▶ [Your objective]: Each line below that includes the word "Bool" is to be reported.
═════ Records supplied
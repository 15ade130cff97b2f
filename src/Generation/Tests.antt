-- ===== src/Generation/Tests.antt =====
-- Tests of the lifecycle of a generation, and its theorems at concrete inputs.
use go_mamacord.Base.{ℕ, ◌≡◌, refl, false, none, some, List, [], ◌∷◌, arith, length}
use go_mamacord.Generation.{
  open_channel, acquire, finish, begin_drain, release, close_drained, new_generation, Event,
  acquires, drains, releases, finishes, cancels, apply, run, start,
}
use go_mamacord.Generation.Invariant.{IsSoundSession, run-start-IsSound, unfinished}
use go_mamacord.Generation.Drain.{
  acquire-drained, program_kept, finish_all, IsReleasable, drain_finishes,
}

abbrev a_program : ℕ
a_program = 5

-- Two callbacks; the first one finishes twice, the second one is still running when the drain begins
-- and a release is tried.
abbrev busy : List Event
busy = acquires ∷ acquires ∷ finishes 0 ∷ finishes 0 ∷ drains ∷ acquires ∷ releases ∷ []

busy_active : (run (start a_program) busy).generation.active ≡ 1
unfolding run apply start new_generation acquire finish begin_drain release close_drained
busy_active = refl

busy_drained : (run (start a_program) busy).generation.drained ≡ open_channel
unfolding run apply start new_generation acquire finish begin_drain release close_drained
busy_drained = refl

then_released :
    (run (run (start a_program) busy) (finishes 1 ∷ releases ∷ [])).generation.program ≡ none
unfolding run apply start new_generation acquire finish begin_drain release close_drained
then_released = refl

still_busy : unfinished (run (start a_program) busy).onces ≡ 1
unfolding run apply start new_generation acquire finish begin_drain release close_drained
still_busy = refl

run-start-IsSound_example : IsSoundSession a_program (run (start a_program) busy)
run-start-IsSound_example = run-start-IsSound a_program busy

acquire-drained_example :
    acquire (run (apply (start a_program) drains) (finishes 0 ∷ cancels ∷ [])).generation ≡ none
acquire-drained_example = acquire-drained (start a_program) (finishes 0 ∷ cancels ∷ [])

program_kept_example :
    ((run (start a_program) busy).generation.program ≡ some a_program)
    × ((run (start a_program) busy).generation.released ≡ false)
    × (release (run (start a_program) busy).generation ≡ none)
program_kept_example = program_kept a_program busy (omega (arith, still_busy))

drain_finishes_example :
    IsReleasable
      (run
        (apply (run (start a_program) busy) drains)
        (finish_all (length (apply (run (start a_program) busy) drains).onces))).generation
drain_finishes_example = drain_finishes a_program busy
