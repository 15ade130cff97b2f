-- ===== src/GuildConfig.antt =====
-- internal/guildconfig/config.go: how a guild configures a plugin. The configuration is kept as JSON
-- in the plugin's key-value store; both are parameters of GuildConfig/Store.
pub mod Laws
pub mod Store
pub mod RoundTrip
mod Memory
mod Tests
use go_mamacord.Base.{
  ℕ, Bool, true, false, Option, none, some, List, [], ◌∷◌, if◌then◌else◌, GoString, codes, str_eq,
  Map, lookup, insert, ℤ, pos, is_zero_ℤ, is_below, is_above,
}

pub record PluginConfig : Type 0 where
  pub enabled : Bool
  pub commands : Map Bool
  pub warning_limit : ℤ
  pub timeout_threshold : ℤ
  pub timeout_minutes : ℤ
  pub allow_channel_reminders : Bool
  pub default_reminder_channel_id : ℕ

abbrev fun_commands : List GoString
fun_commands =
    codes "8ball"
    ∷ codes "flip"
    ∷ codes "hug"
    ∷ codes "pat"
    ∷ codes "poke"
    ∷ codes "roll"
    ∷ codes "shrug"
    ∷ []

abbrev manager_commands : List GoString
manager_commands =
    codes "slowmode"
    ∷ codes "nick"
    ∷ codes "roles"
    ∷ codes "purge"
    ∷ codes "emojis"
    ∷ codes "stickers"
    ∷ []

-- `pluginCommands`; a plugin that is not in it has no commands.
unfoldable pub plugin_commands : GoString → List GoString
plugin_commands p =
    if str_eq p (codes "fun")
    then fun_commands
    else if str_eq p (codes "info")
    then codes "about" ∷ codes "lookup" ∷ []
    else if str_eq p (codes "manager")
    then manager_commands
    else if str_eq p (codes "moderation")
    then codes "warn" ∷ codes "unwarn" ∷ []
    else if str_eq p (codes "wellness")
    then codes "timezone" ∷ codes "checkin" ∷ codes "remind" ∷ []
    else []

unfoldable pub is_moderation : GoString → Bool
is_moderation p = str_eq p (codes "moderation")

unfoldable pub is_wellness : GoString → Bool
is_wellness p = str_eq p (codes "wellness")

-- `for _, command := range commands { cfg.Commands[command] = true }`
unfoldable pub enable_all : List GoString → Map Bool → Map Bool
enable_all [] m = m
enable_all (c ∷ cs) m = enable_all cs (insert c true m)

-- The body of the loop that takes over what is given for a command.
abbrev pub set_given : GoString → Option Bool → Map Bool → Map Bool
set_given c none m = m
set_given c (some e) m = insert c e m

unfoldable pub set_commands : Map Bool → List GoString → Map Bool → Map Bool
set_commands given [] m = m
set_commands given (c ∷ cs) m = set_commands given cs (set_given c (lookup c given) m)

unfoldable pub default_config : GoString → PluginConfig
unfolding enable_all
default_config p = record {
  enabled = true;
  commands = enable_all (plugin_commands p) [];
  warning_limit = if is_moderation p then pos 3 else pos 0;
  timeout_threshold = if is_moderation p then pos 3 else pos 0;
  timeout_minutes = if is_moderation p then pos 10 else pos 0;
  allow_channel_reminders = is_wellness p;
  default_reminder_channel_id = 0;
}

unfoldable pub clamp : ℤ → ℕ → ℕ → ℤ → ℤ
clamp value min_value max_value fallback =
    if is_zero_ℤ value
    then fallback
    else if is_below value min_value
    then pos min_value
    else if is_above value max_value
    then pos max_value
    else value

unfoldable pub normalize : GoString → PluginConfig → PluginConfig
unfolding clamp
normalize p cfg =
    let d = default_config p in
    record {
      enabled = cfg.enabled;
      commands = set_commands cfg.commands (plugin_commands p) d.commands;
      warning_limit =
          if is_moderation p then clamp cfg.warning_limit 1 20 d.warning_limit else d.warning_limit;
      timeout_threshold =
          if is_moderation p
          then clamp cfg.timeout_threshold 1 20 d.timeout_threshold
          else d.timeout_threshold;
      timeout_minutes =
          if is_moderation p
          then clamp cfg.timeout_minutes 1 10080 d.timeout_minutes
          else d.timeout_minutes;
      allow_channel_reminders =
          if is_wellness p then cfg.allow_channel_reminders else d.allow_channel_reminders;
      default_reminder_channel_id =
          if is_wellness p then cfg.default_reminder_channel_id else d.default_reminder_channel_id;
    }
══════════
▶ [Problem solution]:
  ℕ, Bool, true, false, Option, none, some, List, [], ◌∷◌, if◌then◌else◌, GoString, codes, str_eq,
  pub enabled : Bool
  pub commands : Map Bool
  pub allow_channel_reminders : Bool
unfoldable pub is_moderation : GoString → Bool
unfoldable pub is_wellness : GoString → Bool
unfoldable pub enable_all : List GoString → Map Bool → Map Bool
abbrev pub set_given : GoString → Option Bool → Map Bool → Map Bool
unfoldable pub set_commands : Map Bool → List GoString → Map Bool → Map Bool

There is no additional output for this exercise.